Help needed - the collet on my brand new Bosch 1617EVS router is stuck on the shaft. 
By the collet, I mean the internal collet itself, not the nut on the outside used for tightening it.
I tried googling the problem to see if it's a common one, but all the results I found were about bits being stuck in the collet, not the collet stuck on the shaft. :/
Amateur woodworker here anxious to get started, so please help me get the damn collet out! 
I'd upload a picture, but I'm a new user so I'm not allowed to. :/


----------



## del schisler (Feb 2, 2006)

tkm795 said:


> Help needed - the collet on my brand new Bosch 1617EVS router is stuck on the shaft.
> By the collet, I mean the internal collet itself, not the nut on the outside used for tightening it.
> I tried googling the problem to see if it's a common one, but all the results I found were about bits being stuck in the collet, not the collet stuck on the shaft. :/
> Amateur woodworker here anxious to get started, so please help me get the damn collet out!
> I'd upload a picture, but I'm a new user so I'm not allowed to. :/


I have the same router. The nut and collet on mine is a one piece. Some how i belive the nut and collet came apart on yours . The collet is tappered . Did you tap on it?? If that doesn't work i would take it back and exchange it ? Nice router i use mine every day in the table. If you need parts here is one place 

Bosch Collet and Nut (1/2") [2610906284] - $20.25 at eReplacementParts.com


----------



## CharleyL (Feb 28, 2009)

I don't have that model router, so I can't see exactly what you are describing. However, many (most) new routers made in the past 10 years or so have self releasing collets. Loosen the collet nut and unscrew it about 2 turns. It will get tight again. Now use the wrench to loosen it a second time. This second loosening pulls the collet free of the router shaft. It will then open and let you pull the router bit out. 
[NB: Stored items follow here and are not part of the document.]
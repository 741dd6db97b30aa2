-- ===== src/Prelude/Actions.antt =====
-- Methods that change an object and may throw. What was written before a `throw` stays written, so
-- the state comes back beside the exception too. An exception is the C string that is thrown.
use Prim.Native.String.{String}

pub data Result {ℓ} (A : Type ℓ) : Type ℓ where
  returned : A → Result A
  thrown : String → Result A

abbrev pub Action : Type 0 → Type 0 → Type 0
Action S A = S → Result A × S

abbrev pub continue : {S A B : Type 0} → Result A → (A → Action S B) → Action S B
continue (returned a) f s = f a s
continue (thrown e) f s = (thrown e, s)

infixl 10 ◌>>=◌ ◌>>◌
abbrev pub ◌>>=◌ : {S A B : Type 0} → Action S A → (A → Action S B) → Action S B
◌>>=◌ m f s = continue (m s).0 f (m s).1

abbrev pub ◌>>◌ : {S A B : Type 0} → Action S A → Action S B → Action S B
m >> k = m >>= λ _. k

abbrev pub pure : {S A : Type 0} → A → Action S A
pure a s = (returned a, s)

abbrev pub throw : {S A : Type 0} → String → Action S A
throw e s = (thrown e, s)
To understand this better, take the router collet and nut completely out of the router and examine it, The nut and the collet are held together with a spring clip. This clip is what pulls the collet out of the router when you loosen the collet nut that second time. Some router collets and nuts are designed a bit different. They don't have the spring clip, just a groove around the collet that a shoulder on the hole of the nut snaps into. Both designs work basically the same.

Charley


----------



## Tempest (Jan 7, 2011)

When you get it out, make sure to put a *very light* smearing of high quality grease on the internal shaft cone to prevent this from happening again. Also on the threads.

Do not put grease where the collet grips the bit.


----------



## Cherryville Chuck (Sep 28, 2010)

Try loosening the nut a few turns and if the bit doesn't come free, try tapping (or whacking if that doesn't work) on the end of the bit with a piece of wood. I have a router that bits tend to stick in and that works for mine.


----------



## jschaben (Jun 21, 2009)

I'm guessing but it sounds like the collet nut was tightened down with no bit. This likely compressed the collet to where it is no longer gripped by the nut. If this is the case, you might as well use a slide hammer to get it out as it is likely distorted or cracked (ruined) by now anyway.


----------



## Cynical soul (Jun 20, 2021)

Hi, I know this post is very old but as it still shows up first in Google, I thought I would add to it for anyone else searching. 
I have just done the same with my new router, showing someone the easy locking system on the Triton I stupidly tightened the collet with no bit inserted, it was stuck hard.
The fix without damaging the collet is to put the nut back on loosely and grind down the end of an old router bit to a slight shamfer. The bit can now be tapped with a hammer into the collet which will cause it to spread and be gripped by the nut. Then the nut can be loosened in the normal way, removing the whole thing in one peice.
Hope that helps


----------



## old55 (Aug 11, 2013)

Welcome to the forum @Cynical soul


----------